Despicable Me (Pierre Coffin and Chris Renaud, 2010). This computer animated feature is a pleasant enough diversion, even if its not especially memorable. Steve Carell provides the voice for an aspiring supervillain named Gru (more in the James Bond vein instead of the sort who’d show up to antagonize Spider-Man) whose grand plot to steal the moon necessitates that he adopt a trio of lovable moppets. It’s intended to be temporary, but naturally they begin to chip away at his curmudgeonly heart. Even though it’s highly predictable, this is the most effective part of the film, thanks largely to the strength of characterization in the main character. It’s the surrounding bombast of the action that seems hastily conceived. When the scheme is set into motion, it should be a chance for the filmmakers to take advantage of working in a form largely free of parameters and stage something spectacular.
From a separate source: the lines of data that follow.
-- ===== src/Page/Shared.antt =====
-- Two processes whose pages were set to frames of one RAM.
use lab_os_assignment.Base.{ℕ, ◌≤◌, ◌<◌, ◌^◌, ◌≡◌, ◌≢◌, arith, some, length, get_elem?, ◌==◌, true}
use lab_os_assignment.Outcome.{ok, ◌>>=◌}
use lab_os_assignment.Paging
use lab_os_assignment.Paging.Address.{offst_lem}
use lab_os_assignment.Pte.{pte_set_fpn}
use lab_os_assignment.Pte.Fields.{pte_set_fpn_fields}
use lab_os_assignment.Pte.Mismatch.{fpn-pte_set_fpn}
use lab_os_assignment.Mm.{Mm, Caller}
use lab_os_assignment.Page.{pg_getval, pg_setval}
use lab_os_assignment.Page.Present.{physical, IsMapped, value_of, with_mm, value_across}

-- The pages of two processes are set to frames below 256 of a random access RAM with at least one
-- page. Whatever the two frames are, what one process writes is what the other finds at the same
-- offset of its page.
pub frames_alias :
    (c : Caller) (other : Mm) (a b pte_a pte_b f g value : ℕ)
    → pte_a < 2 ^ 32
    → pte_b < 2 ^ 32
    → f < 256
    → g < 256
    → get_elem? c.mm.pgd (Paging.pgn a) ≡ some (pte_set_fpn pte_a f)
    → get_elem? other.pgd (Paging.pgn b) ≡ some (pte_set_fpn pte_b g)
    → Paging.offst a ≡ Paging.offst b
    → c.mram.rdmflg ≢ 0
    → 256 ≤ length c.mram.storage
    → (pg_setval c a value >>= λ c'. value_of (pg_getval (with_mm c' other) b)) ≡ ok (some value)
frames_alias c other a b pte_a pte_b f g value small small' low low' at at' same random room =
    rw (value_across c other a b pa pb value ma mb, hit)
  where
    pa : ℕ
    pa = pte_set_fpn pte_a f

    pb : ℕ
    pb = pte_set_fpn pte_b g

    zero_a : Paging.fpn pa ≡ 0
    zero_a = omega (arith, (fpn-pte_set_fpn pte_a f small (omega arith)).0)

    zero_b : Paging.fpn pb ≡ 0
    zero_b = omega (arith, (fpn-pte_set_fpn pte_b g small' (omega arith)).0)

    ma : IsMapped c a pa
    ma = record {
      entry = at;
      present = (pte_set_fpn_fields pte_a f small).1;
      random = random;
      inside = omega (arith, zero_a, offst_lem a);
    }

    mb : IsMapped (with_mm c other) b pb
    mb = record {
      entry = at';
      present = (pte_set_fpn_fields pte_b g small').1;
      random = random;
      inside = omega (arith, zero_b, offst_lem b);
    }

    hit : (physical pa a == physical pb b) ≡ true
    hit = ground (arith, zero_a, zero_b, same)
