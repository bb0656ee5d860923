-- ===== src/Page/SwapIn.antt =====
-- pg_getpage on a page that is not present, while the RAM has a free frame.
use lab_os_assignment.Base.{
  ℕ, ◌≡◌, ◌<◌, refl, ap, some, none, get_elem?, set, length, lt→ltb, false, Option,
}
use lab_os_assignment.Outcome.{Returns, Returns-bind_bind}
use lab_os_assignment.Chain.{Chain, node}
use lab_os_assignment.Paging
use lab_os_assignment.Paging.{page_present}
use lab_os_assignment.Pte.{pte_set_fpn}
use lab_os_assignment.Device.{Device}
use lab_os_assignment.Device.Frames.{get_freefp-node}
use lab_os_assignment.Mm.{Caller, swap_cp_page, enlist_pgn_node}
use lab_os_assignment.Mm.Copy.{HasFrame, byte_after, swap_cp_page-Copied}
use lab_os_assignment.Page.{pg_getpage}

-- What has become of the caller `c` when page `pgn`, with entry `pte`, has come to frame `f`.
pub record BroughtIn (c : Caller) (pgn pte f : ℕ) (rest : Chain ℕ) (r : Option ℕ × Caller)
    : Type 0 where
  pub unset : r.0 ≡ none
  pub entry : r.1.mm.pgd ≡ set c.mm.pgd pgn (pte_set_fpn pte f)
  pub enlisted : r.1.mm.fifo_pgn ≡ node pgn c.mm.fifo_pgn
  pub swap_kept : r.1.active_mswp ≡ c.active_mswp
  pub frames : r.1.mram.free_fp_list ≡ rest
  pub bytes :
      (j : ℕ)
      → get_elem? r.1.mram.storage j
        ≡ byte_after c.active_mswp.storage c.mram.storage (Paging.swp pte) f 0 256 j

-- A page of the table that is not present, a free frame at the head of the RAM's list, and both
-- frames inside their random access devices: the frame is taken, the entry is set to it, the page is
-- put at the head of the list of pages, and the RAM holds in that frame the bytes of the swap frame
-- PAGING_SWP of the entry, and elsewhere what it held. The swap device is kept, so the swap frame is
-- not given back; and no frame number is stored through `fpn`.
pub pg_getpage-BroughtIn :
    (c : Caller) (pgn pte f : ℕ) (rest : Chain ℕ)
    → pgn < length c.mm.pgd
    → get_elem? c.mm.pgd pgn ≡ some pte
    → page_present pte ≡ false
    → c.mram.free_fp_list ≡ node f rest
    → HasFrame c.active_mswp (Paging.swp pte)
    → HasFrame c.mram f
    → Returns (BroughtIn c pgn pte f rest) (pg_getpage c pgn)
unfolding pg_getpage enlist_pgn_node
pg_getpage-BroughtIn c pgn pte f rest inside e absent free from_swap to_ram =
    rw (e, absent, get_freefp-node c.mram f rest free, lt→ltb pgn (length c.mm.pgd) inside)
      (Returns-bind_bind (BroughtIn c pgn pte f rest)
        (swap_cp_page c.active_mswp (Paging.swp pte) ram f) _ _
        (swap_cp_page-Copied c.active_mswp ram (Paging.swp pte) f from_swap
          (record { random = to_ram.random; inside = to_ram.inside; small = to_ram.small }))
        (λ r copied. record {
          unset = refl;
          entry = refl;
          enlisted = refl;
          swap_kept = copied.source;
          frames = ap (λ (d : Device). d.free_fp_list) copied.rest;
          bytes = copied.bytes;
        }))
  where
    ram : Device
    ram = record (c.mram) { free_fp_list = rest }
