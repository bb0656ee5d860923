-- ===== src/Vm/Victim.antt =====
-- find_victim_page: which page it picks, and what it leaves behind.
use lab_os_assignment.Base.{ℕ, ◌≡◌, refl, ap, some, none, List, [], ◌∷◌}
use lab_os_assignment.Outcome.{ok, fault, ◌>>=◌, success, failure, wild_pointer}
use lab_os_assignment.Chain.{Chain, null, wild, node, chain_of}
use lab_os_assignment.Mm.{Mm}
use lab_os_assignment.Vm.{last_page, find_victim_page}

-- The last of `p` and the pages behind it: the page that was enlisted first.
abbrev pub last_of : ℕ → List ℕ → ℕ
last_of p [] = p
last_of p (q ∷ ps) = last_of q ps

-- The list without its last node, whose place is kept by a pointer to freed memory.
abbrev pub cut_last : ℕ → List ℕ → Chain ℕ
cut_last p [] = wild
cut_last p (q ∷ ps) = node p (cut_last q ps)

last_page-eq : (p : ℕ) (ps : List ℕ) → last_page p (chain_of ps) ≡ ok (last_of p ps, cut_last p ps)
unfolding last_page
last_page-eq p [] = refl
last_page-eq p (q ∷ ps) = ap (λ r. r >>= λ s. ok (s.0, node p s.1)) (last_page-eq q ps)

last_page-cut : (p : ℕ) (q : ℕ) (ps : List ℕ) → last_page p (cut_last q ps) ≡ fault wild_pointer
unfolding last_page
last_page-cut p q [] = refl
last_page-cut p q (r ∷ ps) = rw (last_page-cut q r ps)

abbrev pub with_pages : Mm → Chain ℕ → Mm
with_pages mm pages = record mm { fifo_pgn = pages }

-- Where the list holds one page, that page is the victim, the list is empty afterwards, and the next
-- search fails.
pub victim_single :
    (mm : Mm) (p : ℕ)
    → (find_victim_page (with_pages mm (node p null)) ≡ ok (success, some p, with_pages mm null))
      × (find_victim_page (with_pages mm null) ≡ ok (failure, none, with_pages mm null))
unfolding find_victim_page
victim_single mm p = (refl, refl)

-- Where the list holds at least two pages, the page that was enlisted first is the victim, the node
-- before it keeps a pointer to the freed node, and the next search follows that pointer.
pub victim_dangles :
    (mm : Mm) (p q : ℕ) (ps : List ℕ)
    → (find_victim_page (with_pages mm (chain_of (p ∷ q ∷ ps)))
        ≡ ok (success, some (last_of q ps), with_pages mm (cut_last p (q ∷ ps))))
      × (find_victim_page (with_pages mm (cut_last p (q ∷ ps))) ≡ fault wild_pointer)
unfolding find_victim_page
victim_dangles mm p q ps = (rw (last_page-eq p (q ∷ ps)), rw (last_page-cut p q ps))

-- What find_victim_page leaves of the list.
abbrev pub left_of : ℕ → List ℕ → Chain ℕ
left_of p [] = null
left_of p (q ∷ ps) = cut_last p (q ∷ ps)

pub find_victim_page-last :
    (mm : Mm) (p : ℕ) (ps : List ℕ)
    → mm.fifo_pgn ≡ chain_of (p ∷ ps)
    → find_victim_page mm ≡ ok (success, some (last_of p ps), with_pages mm (left_of p ps))
unfolding find_victim_page
find_victim_page-last mm p [] e = rw e refl
find_victim_page-last mm p (q ∷ ps) e = rw (e, last_page-eq p (q ∷ ps)) refl
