-- ===== src/Page/SwapOut.antt =====
-- pg_getpage on a page that is not present, while the RAM has no free frame.
use lab_os_assignment.Base.{
  ℕ, ◌≡◌, ◌≢◌, ◌<◌, refl, sym, ap, ◌∙◌, arith, List, ◌∷◌, some, none, get_elem?, set, length,
  lt→ltb, false, Option, subst,
}
use lab_os_assignment.Outcome.{Returns, Returns-bind_bind}
use lab_os_assignment.Chain.{Chain, null, node, chain_of}
use lab_os_assignment.Paging
use lab_os_assignment.Paging.{page_present}
use lab_os_assignment.Pte.{pte_set_swap}
use lab_os_assignment.Device.{Device}
use lab_os_assignment.Device.Frames.{get_freefp-node, get_freefp-null}
use lab_os_assignment.Mm.{Caller, swap_cp_page, enlist_pgn_node}
use lab_os_assignment.Mm.Copy.{HasFrame, Copied, byte_after, swap_cp_page-Copied}
use lab_os_assignment.Vm.Victim.{last_of, left_of, find_victim_page-last}
use lab_os_assignment.Page.{pg_getpage}

-- What has become of the caller `c` when page `pgn`, with entry `pte`, has taken the place of the
-- victim `v`, with entry `vicpte`, whose bytes go to the swap frame `g`.
pub record SwappedOut (c : Caller) (pgn pte v vicpte g : ℕ) (pages rest : Chain ℕ)
    (r : Option ℕ × Caller) : Type 0 where
  pub unset : r.0 ≡ none
  pub entry : r.1.mm.pgd ≡ set c.mm.pgd v (pte_set_swap vicpte 0 g)
  pub enlisted : r.1.mm.fifo_pgn ≡ node pgn pages
  pub frames : (r.1.active_mswp.free_fp_list ≡ rest) × (r.1.mram.free_fp_list ≡ null)
  pub saved :
      (j : ℕ)
      → get_elem? r.1.active_mswp.storage j
        ≡ byte_after c.mram.storage c.active_mswp.storage v g 0 256 j
  pub bytes :
      (j : ℕ)
      → get_elem? r.1.mram.storage j
        ≡ byte_after r.1.active_mswp.storage c.mram.storage (Paging.swp pte) v 0 256 j

-- A device that has taken a page has the same frames.
Copied-HasFrame :
    {src dst : Device} {s d fpn : ℕ} (r : Device × Device)
    → Copied src dst s d 0 256 r
    → HasFrame dst fpn
    → HasFrame r.1 fpn
Copied-HasFrame {dst} r copied frame = record {
  random = subst (λ (x : Device). x.rdmflg ≢ 0) (sym copied.rest) frame.random;
  inside = omega (arith, frame.inside, copied.same_length);
  small = frame.small;
}

-- A page that is not present, no free frame in RAM, a proper list of pages, a free frame at the head
-- of the swap device's list, and frames inside their random access devices, among them the frame of
-- RAM whose number is the victim's page number: the victim is the page enlisted first, its entry is
-- set to the swap frame, and that swap frame holds what stood in the RAM frame of the victim's page
-- number. The RAM holds there the bytes of the swap frame PAGING_SWP of the wanted page's entry, and
-- elsewhere what it held; the wanted page is enlisted, but no entry is changed besides
-- the victim's; and no frame number is stored through `fpn`.
pub pg_getpage-SwappedOut :
    (c : Caller) (pgn pte p : ℕ) (ps : List ℕ) (vicpte g : ℕ) (rest : Chain ℕ)
    → get_elem? c.mm.pgd pgn ≡ some pte
    → page_present pte ≡ false
    → c.mram.free_fp_list ≡ null
    → c.mm.fifo_pgn ≡ chain_of (p ∷ ps)
    → c.active_mswp.free_fp_list ≡ node g rest
    → last_of p ps < length c.mm.pgd
    → get_elem? c.mm.pgd (last_of p ps) ≡ some vicpte
    → HasFrame c.mram (last_of p ps)
    → HasFrame c.active_mswp g
    → HasFrame c.active_mswp (Paging.swp pte)
    → Returns (SwappedOut c pgn pte (last_of p ps) vicpte g (left_of p ps) rest) (pg_getpage c pgn)
unfolding pg_getpage enlist_pgn_node
pg_getpage-SwappedOut c pgn pte p ps vicpte g rest e absent full pages free inside e' ram_frame
      to_swap from_swap =
    rw
      (
        e,
        absent,
        get_freefp-null c.mram full,
        find_victim_page-last c.mm p ps pages,
        get_freefp-node c.active_mswp g rest free,
        e',
        lt→ltb v (length c.mm.pgd) inside,
      )
      (Returns-bind_bind Q (swap_cp_page c.mram v swap g) _ _
        (swap_cp_page-Copied c.mram swap v g ram_frame (on_swap g to_swap))
        (λ out copied.
          Returns-bind_bind Q (swap_cp_page out.1 (Paging.swp pte) out.0 v) _ _
            (swap_cp_page-Copied out.1 out.0 (Paging.swp pte) v
              (Copied-HasFrame out copied (on_swap (Paging.swp pte) from_swap))
              (subst (λ d. HasFrame d v) (sym copied.source) ram_frame))
            (λ back copied'. record {
              unset = refl;
              entry = refl;
              enlisted = refl;
              frames = (
                ap (λ (d : Device). d.free_fp_list) (copied'.source ∙ copied.rest),
                ap (λ (d : Device). d.free_fp_list)
                      (copied'.rest
                        ∙ ap (λ (d : Device). record d { storage = back.1.storage }) copied.source)
                    ∙ full,
              );
              saved =
                  λ j. ap (λ (d : Device). get_elem? d.storage j) copied'.source ∙ copied.bytes j;
              bytes = λ j.
                  copied'.bytes j
                  ∙ ap
                      (λ (d : Device).
                        byte_after d.storage out.0.storage (Paging.swp pte) v 0 256 j)
                      (sym copied'.source)
                  ∙ ap
                      (λ (d : Device).
                        byte_after back.0.storage d.storage (Paging.swp pte) v 0 256 j)
                      copied.source;
            })))
  where
    v : ℕ
    v = last_of p ps

    swap : Device
    swap = record (c.active_mswp) { free_fp_list = rest }

    on_swap : (f : ℕ) → HasFrame c.active_mswp f → HasFrame swap f
    on_swap f h = record { random = h.random; inside = h.inside; small = h.small }

    Q : Option ℕ × Caller → Type 0
    Q = SwappedOut c pgn pte v vicpte g (left_of p ps) rest
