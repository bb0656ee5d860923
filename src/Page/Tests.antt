-- ===== src/Page/Tests.antt =====
-- Pages of the small system.
use lab_os_assignment.Base.{◌%◌, ◌≡◌, arith, refl, some, [], ◌∷◌, set, ◌==◌, if◌then◌else◌}
use lab_os_assignment.Outcome.{ok, ◌>>=◌, success, Returns}
use lab_os_assignment.Chain.{null, node}
use lab_os_assignment.Paging
use lab_os_assignment.Page.{pg_getpage, pg_getval, pg_setval, region_address, pgread, pgwrite}
use lab_os_assignment.Page.Present.{IsMapped, physical, value_of, with_mm, value_across}
use lab_os_assignment.Page.Shared.{frames_alias}
use lab_os_assignment.Pte.{pte_set_fpn}
use lab_os_assignment.Page.SwapIn.{BroughtIn, pg_getpage-BroughtIn}
use lab_os_assignment.Page.SwapOut.{SwappedOut, pg_getpage-SwappedOut}
use lab_os_assignment.Mm.{Caller}
use lab_os_assignment.Page.Access.{pgread-pgwrite}
use lab_os_assignment.Samples.{mm, ram, region, area, caller, present, swap}

low-IsMapped : IsMapped (caller present) 5 present
unfolding Paging.pgn Paging.page_present Paging.fpn Paging.offst
low-IsMapped = record { entry = refl; present = refl; random = omega arith; inside = omega arith }

high-IsMapped : IsMapped (caller present) 6 present
unfolding Paging.pgn Paging.page_present Paging.fpn Paging.offst
high-IsMapped = record { entry = refl; present = refl; random = omega arith; inside = omega arith }

value_across_example :
    (pg_setval (caller present) 5 33 >>= λ c'.
    value_of (pg_getval (with_mm c' (mm (present ∷ []))) 6))
    ≡ (if physical present 5 == physical present 6
        then ok (some 33)
        else value_of (pg_getval (with_mm (caller present) (mm (present ∷ []))) 6))
value_across_example =
    value_across (caller present) (mm (present ∷ [])) 5 6 present present 33 low-IsMapped
      high-IsMapped

-- Two processes whose pages were set to the frames 3 and 200.
frames_alias_example :
    (pg_setval (caller (pte_set_fpn 0 3)) 5 33 >>= λ c'.
    value_of (pg_getval (with_mm c' (mm (pte_set_fpn 0 200 ∷ []))) 5))
    ≡ ok (some 33)
unfolding Paging.pgn
frames_alias_example =
    frames_alias (caller (pte_set_fpn 0 3)) (mm (pte_set_fpn 0 200 ∷ [])) 5 5 0 0 3 200 33
      (omega arith) (omega arith) (omega arith) (omega arith) refl refl refl (omega arith)
      (omega arith)

pg_getpage-BroughtIn_example : Returns (BroughtIn (caller 0) 0 0 1 null) (pg_getpage (caller 0) 0)
unfolding Paging.page_present Paging.swp
pg_getpage-BroughtIn_example =
    pg_getpage-BroughtIn (caller 0) 0 0 1 null (omega arith) refl refl refl
      (record { random = omega arith; inside = omega arith; small = omega arith })
      (record { random = omega arith; inside = omega arith; small = omega arith })

-- Page 1 is in RAM, which has no free frame.
abbrev full : Caller
full = record (caller 0) {
  mm = record (caller 0).mm { pgd = 0 ∷ present ∷ []; fifo_pgn = node 1 null };
  mram = record ram { free_fp_list = null };
  active_mswp = record swap { free_fp_list = node 1 null };
}

pg_getpage-SwappedOut_example :
    Returns (SwappedOut full 0 0 1 present 1 null null) (pg_getpage full 0)
unfolding Paging.page_present Paging.swp
pg_getpage-SwappedOut_example =
    pg_getpage-SwappedOut full 0 0 1 [] present 1 null refl refl refl refl refl (omega arith) refl
      (record { random = omega arith; inside = omega arith; small = omega arith })
      (record { random = omega arith; inside = omega arith; small = omega arith })
      (record { random = omega arith; inside = omega arith; small = omega arith })

pgread-pgwrite_example :
    (pgwrite (caller present) 300 2 20 >>= λ w. pgread w.1 2 20 0)
    ≡ ok (
      success,
      300 % 256,
      record (caller present) {
        mram = record ram {
          storage = set ram.storage (physical present (region_address 0 20)) (300 % 256);
        };
      },
    )
unfolding Paging.pgn Paging.page_present Paging.fpn Paging.offst
pgread-pgwrite_example =
    pgread-pgwrite (caller present) area null 2 20 present 300 0 (region 0 100)
      (record { area = refl; table = omega arith; ram = omega arith })
      (record {
        slot = omega arith;
        region = refl;
        mapped = record {
          entry = refl;
          present = refl;
          random = omega arith;
          inside = omega arith;
        };
      })
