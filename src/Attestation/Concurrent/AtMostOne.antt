-- ===== src/Attestation/Concurrent/AtMostOne.antt =====
-- Requests that come to weigh 1 only while the store is not marked, and mark it then: at most one
-- of a pool does, however they are interleaved.
use encryption_gateway.Prelude.{
  ℕ, total, total-append, All-append, append-All, ◌+◌, ◌≤◌, Text, List, ◌∷◌, All, ◌≡◌, ◌⊎◌, arith,
  subst,
}
use encryption_gateway.Runtime.{Runtime}
use encryption_gateway.Kv.{KvStore}
use encryption_gateway.Attestation.Crypto.{Crypto}
use encryption_gateway.Attestation.Chain.{AttestationPolicy}
use encryption_gateway.Attestation.Concurrent.{
  Handler, resume, System, Step, pick, Reach, start, later,
}

module _ (R : Runtime) (C : Crypto) (kv : KvStore) (lower : Text → Text) (P : AttestationPolicy)
    (weight : Handler R C kv lower P → ℕ) (IsQuiet : Handler R C kv lower P → Type 0)
    (IsMarked : kv.State → Type 0) where
  -- What a run of one request does, from the weight `n` and the store `s`.
  pub record IsMove (n : ℕ) (s : kv.State) (h : Handler R C kv lower P) (t : kv.State)
      : Type 0 where
    pub quiet : IsQuiet h
    pub stays : IsMarked s → IsMarked t
    pub gains : (weight h ≤ n) ⊎ ((weight h ≡ 1) × (IsMarked s → ⊥) × IsMarked t)

  pub record Inv (sys : System R C kv lower P) : Type 0 where
    pub quiet : All IsQuiet sys.pool
    pub few : total weight sys.pool ≤ 1
    pub marked : 1 ≤ total weight sys.pool → IsMarked sys.store

  module _
      (move : (now now2 : ℕ) (h : Handler R C kv lower P) (s : kv.State)
        → IsQuiet h
        → IsMove
            (weight h)
            s
            (resume R C kv lower P now now2 h s).0
            (resume R C kv lower P now now2 h s).1) where
    Step-Inv :
        {sys next : System R C kv lower P} → Step R C kv lower P sys next → Inv sys → Inv next
    Step-Inv {sys} (pick before h after now now2 split) inv =
        let (quiet_before, (quiet, quiet_after)) =
          All-append IsQuiet before (h ∷ after) (subst (All IsQuiet) split inv.quiet) in
        let m = move now now2 h sys.store quiet in
        let old : total weight sys.pool ≡ total weight before + (weight h + total weight after) =
          rw split (total-append weight before (h ∷ after)) in
        let h' = (resume R C kv lower P now now2 h sys.store).0 in
        let new = total-append weight before (h' ∷ after) in
        record {
          quiet = append-All IsQuiet before (h' ∷ after) quiet_before (m.quiet, quiet_after);
          few = ground (arith, old, new, m.gains, inv.few, inv.marked);
          marked = ground (arith, old, new, m.gains, inv.marked, m.stays);
        }

    Reach-Inv :
        {sys next : System R C kv lower P} → Reach R C kv lower P sys next → Inv sys → Inv next
    Reach-Inv start inv = inv
    Reach-Inv (later r st) inv = Step-Inv st (Reach-Inv r inv)

    -- From a pool that weighs nothing, none is reached that weighs more than 1.
    pub Reach-total :
        (pool : List (Handler R C kv lower P)) (s : kv.State) (sys : System R C kv lower P)
        → total weight pool ≡ 0
        → All IsQuiet pool
        → Reach R C kv lower P (record { pool = pool; store = s }) sys
        → total weight sys.pool ≤ 1
    Reach-total pool s sys nothing quiet r =
        (Reach-Inv r (record {
          quiet = quiet;
          few = omega (arith, nothing);
          marked = λ one. absurd (omega (arith, one, nothing));
        })).few
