-- ===== src/Attestation/Concurrent/Bound/Weights.antt =====
-- Which requests enrolled a device.
use encryption_gateway.Prelude.{
  ℕ, total, one_if, Text, text_eq, List, [], ◌∷◌, All, ok, err, ◌≡◌, refl, arith,
}
use encryption_gateway.Runtime.{Runtime}
use encryption_gateway.Kv.{KvStore}
use encryption_gateway.Attestation.Crypto.{Crypto}
use encryption_gateway.Attestation.Chain.{AttestationPolicy}
use encryption_gateway.Attestation.Concurrent.{Handler, enrolled}

module _ (R : Runtime) (C : Crypto) (kv : KvStore) (lower : Text → Text) (P : AttestationPolicy)
    (device_id : Text) where
  -- 1 for a request that enrolled the device.
  abbrev pub bound : Handler R C kv lower P → ℕ
  bound (enrolled body (ok level)) = one_if (text_eq body.device_id device_id)
  bound _ = 0

  -- Nothing was enrolled by this request.
  abbrev pub IsOpen : Handler R C kv lower P → Type 0
  IsOpen (enrolled body (ok level)) = ⊥
  IsOpen _ = Unit

  bound-IsOpen : (h : Handler R C kv lower P) → IsOpen h → bound h ≡ 0
  bound-IsOpen (enrolled body (ok level)) o = absurd o
  bound-IsOpen (enrolled body (err e)) o = refl
  bound-IsOpen h o = refl

  pub total-bound : (pool : List (Handler R C kv lower P)) → All IsOpen pool → total bound pool ≡ 0
  total-bound [] o = refl
  total-bound (h ∷ pool) (o, os) = omega (arith, bound-IsOpen h o, total-bound pool os)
Instead it’s rushed and flat, as if they too were bored with the excesses of their plot and wanted to hurry back to the simple pleasure of Gru reading a storybook to the girls at bedtime.

Sugar (Anna Boden and Ryan Fleck, 2008). Boden and Fleck’s follow-up to Half Nelson traces the story of a young pitcher from the Dominican Republic who is recruited from a baseball academy there and given a spot on a minor league team. The dream of making it all the way to the bigs is ever-present, both as an aspiration and as something that heightens the danger of every bad moment on the diamond. A couple pitches outside the strike zone at a particularly inopportune time and all hope drains away. The directors capture this incredible pressure, and combine it with a shrewdly observed depiction of the inevitable culture clash that comes from leaping from the Caribbean to the heart of Iowa. The performances in the film, including that by Algenis Perez Soto in the title role, are determinedly unstudied. This is part of the film’s charm, even if it also damper the impact somewhat since none of the actors have the command of craft necessary to get at the inner emotions of their respective characters.

What Just Happened (Barry Levinson, 2008). Eleven years after the ingenious Wag the Dog Barry Levinson turns his camera on the movie business again, and the contrast between the two films offers a sad, clear measure of the erosion of his directing talents over the course of the last decade. The script by Art Linson, drawn from his memorish book of the same poorly-chosen title, is satire at its most toothless, but Levinson brings nothing to it. The film is utterly lacking in energy and drive. The producer character played by Robert De Niro is supposedly enduring a grinding, awful stretch, including skirmishes with ex-wives and combative directors and stars, but there’s not a bit of tension in the film. It may as well be blank film running through the projector.